Merger laws could stifle business growth

Written on the 5 March 2010

New merger laws to be examined via the introduction of the Trade Practices Amendment could result in significant changes in the way that competition aspects of mergers are assessed.

The Trade Practices Act will be amended to ban any acquisition or merger that could have a noticeably negative affect on competition in a market.

According to Brett Bolton, a specialist in competition and trade practices law at HopgoodGanim Lawyers, this could result in a significant reduction in the number of mergers and acquisitions approved by the Australian Competition and Consumer Commission.

“The rationale for the Bill is that the current laws are too lenient, meaning that a number of controversial mergers have been approved in recent times. Currently, around 97 per cent of mergers are approved,” says Bolton.

The amendments are designed to protect small businesses and consumers from large corporations that try to constantly increase their market share, creating highly concentrated markets and stifling competition.

But Bolton says the Bill could hamper the ability of Australian companies to grow and compete in the international marketplace.

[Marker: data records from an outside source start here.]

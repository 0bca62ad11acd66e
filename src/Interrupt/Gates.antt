-- ===== src/Interrupt/Gates.antt =====
-- The gates of w2/sys/idt.c and the handlers that they lead to.
use sbrocks.Prelude.{
  ℕ, zero, suc, ◌+◌, ◌*◌, ◌/◌, ◌%◌, ◌^◌, ◌<◌, ◌≡◌, refl, ◌∙◌, ap, arith, ◌==◌, if◌then◌else◌, false,
  Bool-cases, inl, inr,
}
use sbrocks.Interrupt.{IdtEntry, idt_set_gate, exception_gates, idt_install}

-- The address that the processor puts together from a gate.
abbrev pub base_of : IdtEntry → ℕ
base_of g = g.base_lo + g.base_mid * 2 ^ 16 + g.base_hi * 2 ^ 32

idt_set_gate-base_of :
    (num base sel flags n : ℕ) (idt : ℕ → IdtEntry)
    → base < 2 ^ 64
    → base_of (idt_set_gate num base sel flags idt n) ≡ (if num == n then base else base_of (idt n))
unfolding idt_set_gate
idt_set_gate-base_of num base sel flags n idt h = elim (Bool-cases (num == n)) [
  | inl here ↦ rw here (omega arith)
  | inr other ↦ rw other refl
]

exception_gates-base_of :
    (k n : ℕ) (isr : ℕ → ℕ)
    → ((i : ℕ) → isr i < 2 ^ 64)
    → n < k
    → base_of (exception_gates k isr n) ≡ isr n
unfolding exception_gates
exception_gates-base_of zero n isr small h = elim h [ ]
exception_gates-base_of (suc k) n isr small h =
    let set = idt_set_gate-base_of k (isr k) 0x08 0x8e n (exception_gates k isr) (small k) in
    elim (Bool-cases (k == n)) [
      | inl here ↦ set ∙ rw here (ap isr (ground arith))
      | inr other ↦ set ∙ rw other (exception_gates-base_of k n isr small (ground arith))
    ]

-- The privilege that a program needs for a gate, of 0 for the kernel to 3 for a user program.
abbrev pub privilege_of : IdtEntry → ℕ
privilege_of g = g.flags / 2 ^ 5 % 4

exception_gates-privilege : (k n : ℕ) (isr : ℕ → ℕ) → privilege_of (exception_gates k isr n) ≡ 0
unfolding exception_gates idt_set_gate
exception_gates-privilege zero n isr = refl
exception_gates-privilege (suc k) n isr = elim (Bool-cases (k == n)) [
  | inl here ↦ rw here refl
  | inr other ↦ rw other (exception_gates-privilege k n isr)
]

idt_set_gate-flags :
    (num base sel flags n : ℕ) (idt : ℕ → IdtEntry)
    → (idt_set_gate num base sel flags idt n).flags ≡ (if num == n then flags else (idt n).flags)
unfolding idt_set_gate
idt_set_gate-flags num base sel flags n idt = elim (Bool-cases (num == n)) [
  | inl here ↦ rw here refl
  | inr other ↦ rw other refl
]

idt_install-privilege :
    (isr : ℕ → ℕ) (irq0 irq1 n : ℕ)
    → privilege_of (idt_install isr irq0 irq1 n) ≡ (if n == 128 then 3 else 0)
unfolding idt_install
idt_install-privilege isr irq0 irq1 n =
    let t1 = exception_gates 32 isr in
    let t2 = idt_set_gate 32 irq0 0x08 0x8e t1 in
    let t3 = idt_set_gate 0x80 (isr 128) 0x08 0xee t2 in
    let t4 = idt_set_gate 33 irq1 0x08 0x8e t3 in
    privilege (t1 n).flags (t2 n).flags (t3 n).flags (t4 n).flags
      (idt_set_gate-flags 32 irq0 0x08 0x8e n t1) (idt_set_gate-flags 0x80 (isr 128) 0x08 0xee n t2)
      (idt_set_gate-flags 33 irq1 0x08 0x8e n t3) (exception_gates-privilege 32 n isr)
  where
    privilege :
        (f1 f2 f3 f4 : ℕ)
        → f2 ≡ (if 32 == n then 0x8e else f1)
        → f3 ≡ (if 0x80 == n then 0xee else f2)
        → f4 ≡ (if 33 == n then 0x8e else f3)
        → f1 / 2 ^ 5 % 4 ≡ 0
        → f4 / 2 ^ 5 % 4 ≡ (if n == 128 then 3 else 0)
    privilege f1 f2 f3 f4 a b c d = ground arith

-- The table leads each of the first 32 vectors to its exception's entry, 32 to the timer's, 33 to the
-- keyboard's and 128 to that of the system calls. A user program may use the gate of the system
-- calls, whose privilege is 3, and no other: that of all others is 0. It needs that the entries'
-- addresses have 64 bits.
pub idt_install-base_of :
    (isr : ℕ → ℕ) (irq0 irq1 : ℕ)
    → ((i : ℕ) → isr i < 2 ^ 64)
    → irq0 < 2 ^ 64
    → irq1 < 2 ^ 64
    → ((n : ℕ) → n < 32 → base_of (idt_install isr irq0 irq1 n) ≡ isr n)
      × (base_of (idt_install isr irq0 irq1 32) ≡ irq0)
      × (base_of (idt_install isr irq0 irq1 33) ≡ irq1)
      × (base_of (idt_install isr irq0 irq1 128) ≡ isr 128)
      × ((n : ℕ) → privilege_of (idt_install isr irq0 irq1 n) ≡ (if n == 128 then 3 else 0))
unfolding idt_install
idt_install-base_of isr irq0 irq1 small s0 s1 =
    let t1 = exception_gates 32 isr in
    let t2 = idt_set_gate 32 irq0 0x08 0x8e t1 in
    let t3 = idt_set_gate 0x80 (isr 128) 0x08 0xee t2 in
    let last = λ (n : ℕ). idt_set_gate-base_of 33 irq1 0x08 0x8e n t3 s1 in
    let call = λ (n : ℕ). idt_set_gate-base_of 0x80 (isr 128) 0x08 0xee n t2 (small 128) in
    let timer = λ (n : ℕ). idt_set_gate-base_of 32 irq0 0x08 0x8e n t1 s0 in
    (
      λ n h.
          let a : (33 == n) ≡ false = ground arith in
          let b : (0x80 == n) ≡ false = ground arith in
          let c : (32 == n) ≡ false = ground arith in
          last n
          ∙ ap (λ b. if b then irq1 else base_of (t3 n)) a
          ∙ call n
          ∙ ap (λ b. if b then isr 128 else base_of (t2 n)) b
          ∙ timer n
          ∙ ap (λ b. if b then irq0 else base_of (t1 n)) c
          ∙ exception_gates-base_of 32 n isr small h,
      last 32 ∙ call 32 ∙ timer 32,
      last 33,
      last 128 ∙ call 128,
      idt_install-privilege isr irq0 irq1,
    )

Opponents of the Bill argue that the current merger laws have enabled Australian firms to grow to a size where they can effectively compete with larger overseas corporations, and that any change to these laws will jeopardise this growth.

“It will be interesting to see how the amendments affect mergers and acquisitions, and what this will mean for the future of such a vital component of Australia’s economic efficiency,” says Bolton.

The Bill also proposes amendments that would stop corporations with substantial market share from buying shares or assets.

“These changes are designed to address a loophole in the current law that allows companies, particularly the large supermarket chains, to make a series of small acquisitions, which can have a significant cumulative effect,” says Bolton.

The Bill is currently under review by the Senate Economics Legislation Committee, which is due to provide its report on March 18.